Besides the individual considerations of delay and power, it is important to analyze the performance of adders from an energy perspective, which is given by the product of total power and the critical path delay. This is because an evaluation of energy gives information about any trade-off between power and delay in a digital circuit [
5]. Since power and delay are preferred to be less, therefore, the product of power and delay (PDP) is preferred to be less. In other words, the lesser the PDP, the more energy-efficient is a design. PDP was calculated for all the adders and those values were then normalized. To perform the normalization, the highest PDP value (corresponding to the Ling adder) was used to divide the actual PDP of all the adders.
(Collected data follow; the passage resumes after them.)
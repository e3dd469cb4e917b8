-- ===== src/Config/Validate.antt =====
-- What a successful otelc_cfg_validate of src/util.cpp promises about the creation of every signal:
-- yaml_resolve_prefix, as the creation calls it, finds a section.
use opentelemetry_c_wrapper.Prelude.{
  ◌≡◌, refl, ◌∙◌, ◌⊎◌, inl, inr, Bool, true, false, Option, none, some, arith, Bool-cases, List, [],
  ◌∷◌,
}
use opentelemetry_c_wrapper.Heap.{Heap}
use opentelemetry_c_wrapper.Heap.Plenty.{HasPlenty}
use opentelemetry_c_wrapper.Naming.{
  Text, default_name, scope_name, path_bytes, join, exists_cut, named, unnamed, has_percent,
  is_valid, probe_nstate, resolve_prefix,
}
use opentelemetry_c_wrapper.Naming.Resolve.{
  Fits, prefix_text, ordered, resolve_prefix-ordered, take-length,
}
use opentelemetry_c_wrapper.Config.{
  Settings, Found, broken, missing, text, is_shard_count, apply_shards, load_handle_map_shards,
  is_failure, signals_resolve, context_name, cfg_validate,
}

module _ (exists : Text → Bool) where
  -- A section of the document, or the base itself in the flat layout.
  abbrev pub IsSection : Text → Text → Type 0
  IsSection base t = (exists t ≡ true) ⊎ ((t ≡ base) × (exists (join base scope_name) ≡ true))

  -- The signal is not in the document, or the creation for the name finds a section for it.
  abbrev pub IsServed : Heap → Text → Text → Type 0
  IsServed h base name =
      (exists base ≡ false)
      ⊎ ((t : Text) × (prefix_text
              (resolve_prefix exists true (some base) (some name) (some default_name) h).0
            ≡ some t)
          × IsSection base t)

  pub AreServed : Heap → List Text → Text → Type 0
  AreServed h [] name = Unit
  AreServed h (b ∷ bs) name = IsServed h b name × AreServed h bs name

  -- Some name of the order is there, or none.
  ordered-IsSection :
      (base name : Text)
      → ((t : Text) × (ordered exists base name ≡ some t) × IsSection base t)
        ⊎ ((exists (join base name) ≡ false)
            × (exists (join base default_name) ≡ false)
            × (exists (join base scope_name) ≡ false))
  unfolding ordered
  ordered-IsSection base name = elim (Bool-cases (exists (join base name))) [
    | inl a ↦ rw a (inl (join base name, refl, inl a))
    | inr a ↦ rw a (elim (Bool-cases (exists (join base default_name))) [
      | inl b ↦ rw b (inl (join base default_name, refl, inl b))
      | inr b ↦ rw b (elim (Bool-cases (exists (join base scope_name))) [
        | inl c ↦ rw c (inl (base, refl, inr (refl, refl)))
        | inr c ↦ rw c (inr (refl, refl, refl))
      ])
    ])
  ]

  -- Where none is there, the probe reports a failure.
  nothing-is_failure :
      (base name : Text) (name_set : Bool)
      → is_valid (some base) ≡ true
      → exists base ≡ true
      → Fits base name
      → exists (join base name) ≡ false
      → exists (join base default_name) ≡ false
      → exists (join base scope_name) ≡ false
      → is_failure (probe_nstate exists true (some base) (some name) name_set) ≡ true
  unfolding probe_nstate exists_cut named unnamed is_failure Fits
  nothing-is_failure base name true vb eb fits a b c = elim (Bool-cases (is_valid (some name))) [
    | inl v ↦
        rw
          (
            vb,
            eb,
            v,
            take-length path_bytes (join base name) fits.0,
            take-length path_bytes (join base default_name) fits.1,
            take-length path_bytes (join base scope_name) fits.2,
            a,
            b,
            c,
          )
          refl
    | inr v ↦
        rw
          (
            vb,
            eb,
            v,
            take-length path_bytes (join base default_name) fits.1,
            take-length path_bytes (join base scope_name) fits.2,
            b,
            c,
          )
          refl
  ]
  nothing-is_failure base name false vb eb fits a b c =
      rw
        (
          vb,
          eb,
          take-length path_bytes (join base default_name) fits.1,
          take-length path_bytes (join base scope_name) fits.2,
          b,
          c,
        )
        refl

  no_failure-IsServed :
      (h : Heap) (base name : Text) (name_set : Bool)
      → is_valid (some base) ≡ true
      → is_valid (some name) ≡ true
      → has_percent (some name) ≡ false
      → Fits base name
      → HasPlenty h
      → is_failure (probe_nstate exists true (some base) (some name) name_set) ≡ false
      → IsServed h base name
  no_failure-IsServed h base name name_set vb vn np fits plenty e =
      elim (Bool-cases (exists base)) [
        | inr eb ↦ inl eb
        | inl eb ↦ elim (ordered-IsSection base name) [
          | inl (t, q, w) ↦
              inr (t, resolve_prefix-ordered exists base name h vb vn np plenty ∙ q, w)
          | inr (a, b, c) ↦ absurd (cc (e, nothing-is_failure base name name_set vb eb fits a b c))
        ]
      ]

  -- Bases that are there and whose paths fit the buffer of the probe.
  unfoldable pub AreUsable : List Text → Text → Type 0
  AreUsable [] name = Unit
  AreUsable (b ∷ bs) name = (is_valid (some b) ≡ true) × Fits b name × AreUsable bs name

  signals_resolve-AreServed :
      (h : Heap) (bs : List Text) (name : Text) (name_set : Bool)
      → is_valid (some name) ≡ true
      → has_percent (some name) ≡ false
      → HasPlenty h
      → AreUsable bs name
      → signals_resolve exists bs name name_set ≡ true
      → AreServed h bs name
  unfolding signals_resolve AreServed AreUsable
  signals_resolve-AreServed h [] name name_set vn np plenty u e = tt
  signals_resolve-AreServed h (b ∷ bs) name name_set vn np plenty u e =
      elim (Bool-cases (is_failure (probe_nstate exists true (some b) (some name) name_set))) [
        | inl f ↦ absurd (ground (arith, e, f))
        | inr f ↦ (
          no_failure-IsServed h b name name_set u.0 vn np u.1 plenty f,
          signals_resolve-AreServed h bs name name_set vn np plenty u.2 (ground (arith, e, f)),
        )
      ]

context_name-is_valid : (name : Option Text) → is_valid (some (context_name name)) ≡ true
unfolding context_name is_valid
context_name-is_valid none = refl
context_name-is_valid (some []) = refl
context_name-is_valid (some (c ∷ cs)) = refl

context_name-has_percent :
    (name : Option Text) → has_percent name ≡ false → has_percent (some (context_name name)) ≡ false
unfolding context_name is_valid
context_name-has_percent none e = unfold has_percent in refl
context_name-has_percent (some []) e = unfold has_percent in refl
context_name-has_percent (some (c ∷ cs)) e = e

load-unapplied : (f : Found) (s : Settings) → (load_handle_map_shards f false s).1 ≡ s
unfolding load_handle_map_shards apply_shards
load-unapplied broken s = refl
load-unapplied missing s = refl
load-unapplied (text p) s = elim (Bool-cases (is_shard_count p)) [
  | inl e ↦ rw e refl
  | inr e ↦ rw e refl
]

-- If otelc_cfg_validate accepts a document, with bases that fit the buffers of the probe, every signal
-- is either not in the document or found by its creation, as long as there is memory: for the
-- context's name, with the fallback `default`, yaml_resolve_prefix yields a section that exists, or
-- the base of a flat layout that exists; and the settings of the process are as before.
pub cfg_validate-AreServed :
    (exists : Text → Bool) (f : Found) (bases : List Text) (name : Option Text) (s : Settings)
    (h : Heap)
    → AreUsable exists bases (context_name name)
    → HasPlenty h
    → (cfg_validate true (some exists) f bases name s).0 ≡ true
    → AreServed exists h bases (context_name name)
      × ((cfg_validate true (some exists) f bases name s).1 ≡ s)
unfolding cfg_validate
cfg_validate-AreServed exists f bases name s h u plenty e = elim (Bool-cases (has_percent name)) [
  | inl q ↦ absurd (ground (arith, e, q))
  | inr q ↦ elim (Bool-cases (signals_resolve exists bases (context_name name) (is_valid name))) [
    | inr r ↦ absurd (ground (arith, e, q, r))
    | inl r ↦ (
      signals_resolve-AreServed exists h bases (context_name name) (is_valid name)
          (context_name-is_valid name) (context_name-has_percent name q) plenty u r,
      rw q (load-unapplied f s),
    )
  ]
]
The normalized PDP plots of the adders are shown in
Figure 6 with the optimum plot shown in red. An adder with a lesser normalized PDP value is preferable. Given this, the Ling adder is found to be less energy-efficient compared to the other adders. From
Figure 6, it is seen that the proposed CLA has an optimized normalized PDP compared to its counterparts, which implies the proposed CLA is more energy-efficient. Compared to the conventional CLA, the proposed CLA is 45% more energy-efficient. The KSA consumes 7% more energy than the proposed CLA, although it is faster, and this is due to its increased power dissipation in comparison on account of its greater area occupancy. Hence, from
Table 1 and
Figure 6, it may be concluded that the proposed CLA offers a good trade-off between speed, power, and area compared to its counterparts.